■ **Dataset extract**:
──────
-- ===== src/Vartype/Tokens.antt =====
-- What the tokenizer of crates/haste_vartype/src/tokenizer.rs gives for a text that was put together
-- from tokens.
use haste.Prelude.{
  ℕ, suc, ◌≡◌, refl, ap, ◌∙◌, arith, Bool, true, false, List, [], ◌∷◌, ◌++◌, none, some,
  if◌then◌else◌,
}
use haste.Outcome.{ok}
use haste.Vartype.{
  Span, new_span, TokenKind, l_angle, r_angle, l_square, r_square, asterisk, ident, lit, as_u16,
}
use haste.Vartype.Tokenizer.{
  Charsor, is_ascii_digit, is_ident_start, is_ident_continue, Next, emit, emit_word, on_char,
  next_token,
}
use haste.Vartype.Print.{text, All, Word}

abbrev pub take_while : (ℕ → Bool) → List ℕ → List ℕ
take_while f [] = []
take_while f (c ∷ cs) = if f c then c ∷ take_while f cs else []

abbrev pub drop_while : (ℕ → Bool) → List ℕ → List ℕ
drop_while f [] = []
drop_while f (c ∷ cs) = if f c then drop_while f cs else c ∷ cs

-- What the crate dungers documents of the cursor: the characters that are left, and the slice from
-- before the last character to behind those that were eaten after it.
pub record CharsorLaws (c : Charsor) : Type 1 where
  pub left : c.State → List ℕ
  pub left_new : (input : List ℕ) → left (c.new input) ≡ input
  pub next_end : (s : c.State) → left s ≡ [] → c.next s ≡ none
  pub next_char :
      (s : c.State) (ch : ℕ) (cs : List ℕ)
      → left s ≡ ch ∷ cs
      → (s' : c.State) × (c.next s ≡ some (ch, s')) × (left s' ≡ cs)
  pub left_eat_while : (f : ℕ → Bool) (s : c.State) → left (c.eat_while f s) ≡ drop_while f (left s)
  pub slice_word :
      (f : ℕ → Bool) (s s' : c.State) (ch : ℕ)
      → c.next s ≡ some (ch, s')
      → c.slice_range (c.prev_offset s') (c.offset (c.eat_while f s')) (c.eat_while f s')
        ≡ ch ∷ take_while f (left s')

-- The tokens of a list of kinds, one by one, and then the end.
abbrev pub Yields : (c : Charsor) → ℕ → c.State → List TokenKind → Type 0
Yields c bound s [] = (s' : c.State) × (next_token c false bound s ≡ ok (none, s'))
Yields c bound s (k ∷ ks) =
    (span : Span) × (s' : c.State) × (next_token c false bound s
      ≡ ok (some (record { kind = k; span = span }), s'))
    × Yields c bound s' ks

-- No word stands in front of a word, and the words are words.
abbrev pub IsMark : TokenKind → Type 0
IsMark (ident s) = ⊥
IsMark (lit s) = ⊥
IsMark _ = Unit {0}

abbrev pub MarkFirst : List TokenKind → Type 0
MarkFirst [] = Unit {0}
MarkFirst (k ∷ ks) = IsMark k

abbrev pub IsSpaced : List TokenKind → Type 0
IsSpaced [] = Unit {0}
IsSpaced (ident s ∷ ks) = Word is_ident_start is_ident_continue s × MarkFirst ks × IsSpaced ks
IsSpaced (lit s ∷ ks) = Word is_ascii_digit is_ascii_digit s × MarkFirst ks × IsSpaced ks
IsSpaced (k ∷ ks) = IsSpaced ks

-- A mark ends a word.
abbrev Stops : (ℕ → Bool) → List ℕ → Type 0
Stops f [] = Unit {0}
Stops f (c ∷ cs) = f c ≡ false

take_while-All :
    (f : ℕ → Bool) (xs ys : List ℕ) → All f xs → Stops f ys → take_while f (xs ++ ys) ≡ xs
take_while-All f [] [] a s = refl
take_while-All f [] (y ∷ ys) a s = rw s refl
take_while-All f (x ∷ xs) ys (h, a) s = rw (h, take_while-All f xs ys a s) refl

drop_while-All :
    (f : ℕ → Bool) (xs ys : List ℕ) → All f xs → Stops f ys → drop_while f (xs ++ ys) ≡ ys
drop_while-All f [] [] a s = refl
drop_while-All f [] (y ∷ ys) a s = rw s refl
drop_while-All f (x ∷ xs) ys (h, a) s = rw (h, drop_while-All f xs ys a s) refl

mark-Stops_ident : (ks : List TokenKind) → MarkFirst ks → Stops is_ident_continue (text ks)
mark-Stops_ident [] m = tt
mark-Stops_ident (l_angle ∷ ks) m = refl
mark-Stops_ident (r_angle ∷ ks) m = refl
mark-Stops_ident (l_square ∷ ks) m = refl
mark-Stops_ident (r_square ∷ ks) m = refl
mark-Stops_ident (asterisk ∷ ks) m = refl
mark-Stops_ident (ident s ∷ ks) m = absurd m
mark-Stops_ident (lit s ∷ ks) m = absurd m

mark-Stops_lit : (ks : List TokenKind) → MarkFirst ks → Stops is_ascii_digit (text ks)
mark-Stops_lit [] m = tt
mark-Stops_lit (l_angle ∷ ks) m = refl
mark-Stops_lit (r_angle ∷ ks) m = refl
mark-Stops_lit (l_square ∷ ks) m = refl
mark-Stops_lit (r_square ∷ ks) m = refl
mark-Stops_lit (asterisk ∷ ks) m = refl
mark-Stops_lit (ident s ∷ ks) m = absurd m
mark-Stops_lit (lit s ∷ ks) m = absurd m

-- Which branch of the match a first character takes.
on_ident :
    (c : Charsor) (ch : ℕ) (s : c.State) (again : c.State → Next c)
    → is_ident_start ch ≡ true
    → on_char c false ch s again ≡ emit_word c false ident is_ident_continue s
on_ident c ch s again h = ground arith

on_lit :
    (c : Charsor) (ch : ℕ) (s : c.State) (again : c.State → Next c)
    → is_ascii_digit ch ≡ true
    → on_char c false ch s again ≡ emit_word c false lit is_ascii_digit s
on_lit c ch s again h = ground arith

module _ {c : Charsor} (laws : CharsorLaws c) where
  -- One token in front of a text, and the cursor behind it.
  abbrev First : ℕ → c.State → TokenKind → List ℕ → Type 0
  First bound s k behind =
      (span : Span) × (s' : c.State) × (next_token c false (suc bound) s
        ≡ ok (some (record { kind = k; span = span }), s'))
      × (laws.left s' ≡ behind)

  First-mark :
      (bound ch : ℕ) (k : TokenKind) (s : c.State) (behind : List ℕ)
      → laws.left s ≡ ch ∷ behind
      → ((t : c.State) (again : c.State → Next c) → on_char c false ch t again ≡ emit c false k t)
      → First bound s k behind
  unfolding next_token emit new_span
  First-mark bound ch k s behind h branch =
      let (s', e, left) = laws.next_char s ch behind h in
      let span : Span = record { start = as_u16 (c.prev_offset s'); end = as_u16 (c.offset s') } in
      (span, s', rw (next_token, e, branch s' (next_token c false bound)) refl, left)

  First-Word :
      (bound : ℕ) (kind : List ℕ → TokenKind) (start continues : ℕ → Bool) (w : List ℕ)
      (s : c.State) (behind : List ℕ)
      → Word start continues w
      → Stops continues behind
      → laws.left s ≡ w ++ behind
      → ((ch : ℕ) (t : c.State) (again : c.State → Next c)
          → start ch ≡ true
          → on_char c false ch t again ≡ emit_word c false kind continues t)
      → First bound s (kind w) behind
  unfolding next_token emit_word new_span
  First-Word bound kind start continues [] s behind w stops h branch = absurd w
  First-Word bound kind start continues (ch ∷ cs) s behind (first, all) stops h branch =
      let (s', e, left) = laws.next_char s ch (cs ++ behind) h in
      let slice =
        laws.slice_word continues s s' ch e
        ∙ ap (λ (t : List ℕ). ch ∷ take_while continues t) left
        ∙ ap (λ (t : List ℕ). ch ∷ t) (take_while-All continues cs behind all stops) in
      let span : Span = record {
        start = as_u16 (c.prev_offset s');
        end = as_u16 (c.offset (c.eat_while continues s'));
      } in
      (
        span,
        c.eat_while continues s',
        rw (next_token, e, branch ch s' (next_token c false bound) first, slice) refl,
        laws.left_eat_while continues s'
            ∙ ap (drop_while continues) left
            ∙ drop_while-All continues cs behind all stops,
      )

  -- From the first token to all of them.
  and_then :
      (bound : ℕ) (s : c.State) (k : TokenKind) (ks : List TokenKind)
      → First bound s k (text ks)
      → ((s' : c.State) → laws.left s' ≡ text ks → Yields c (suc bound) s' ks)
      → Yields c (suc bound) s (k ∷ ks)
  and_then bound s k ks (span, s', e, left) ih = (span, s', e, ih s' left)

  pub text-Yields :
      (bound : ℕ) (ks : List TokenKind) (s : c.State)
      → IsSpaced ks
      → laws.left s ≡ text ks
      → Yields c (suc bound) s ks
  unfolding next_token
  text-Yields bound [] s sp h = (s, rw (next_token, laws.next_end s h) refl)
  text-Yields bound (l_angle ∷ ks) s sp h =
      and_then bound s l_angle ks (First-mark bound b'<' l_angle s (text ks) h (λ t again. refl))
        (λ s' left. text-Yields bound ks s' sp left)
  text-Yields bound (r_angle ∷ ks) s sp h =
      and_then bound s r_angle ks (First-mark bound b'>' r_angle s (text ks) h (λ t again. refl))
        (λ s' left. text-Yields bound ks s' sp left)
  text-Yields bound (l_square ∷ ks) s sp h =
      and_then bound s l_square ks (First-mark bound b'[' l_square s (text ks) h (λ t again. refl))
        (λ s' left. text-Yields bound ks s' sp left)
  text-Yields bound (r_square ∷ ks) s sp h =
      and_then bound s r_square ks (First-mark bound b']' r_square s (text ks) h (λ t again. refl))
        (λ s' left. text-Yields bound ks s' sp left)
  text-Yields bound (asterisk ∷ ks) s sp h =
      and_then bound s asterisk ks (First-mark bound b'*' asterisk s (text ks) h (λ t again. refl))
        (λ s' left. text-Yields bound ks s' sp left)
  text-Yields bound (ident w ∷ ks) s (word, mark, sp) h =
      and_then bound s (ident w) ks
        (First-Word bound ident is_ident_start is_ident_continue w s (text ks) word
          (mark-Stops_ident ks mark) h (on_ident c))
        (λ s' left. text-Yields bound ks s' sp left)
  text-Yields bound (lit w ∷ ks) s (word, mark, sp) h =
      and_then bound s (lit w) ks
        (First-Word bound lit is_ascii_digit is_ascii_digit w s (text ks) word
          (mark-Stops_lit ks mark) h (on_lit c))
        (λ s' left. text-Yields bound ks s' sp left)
──────
■ **Goal of the exercise**: Number of lines above with the word "unfolding": state it alone.

■ **Written solution**: 3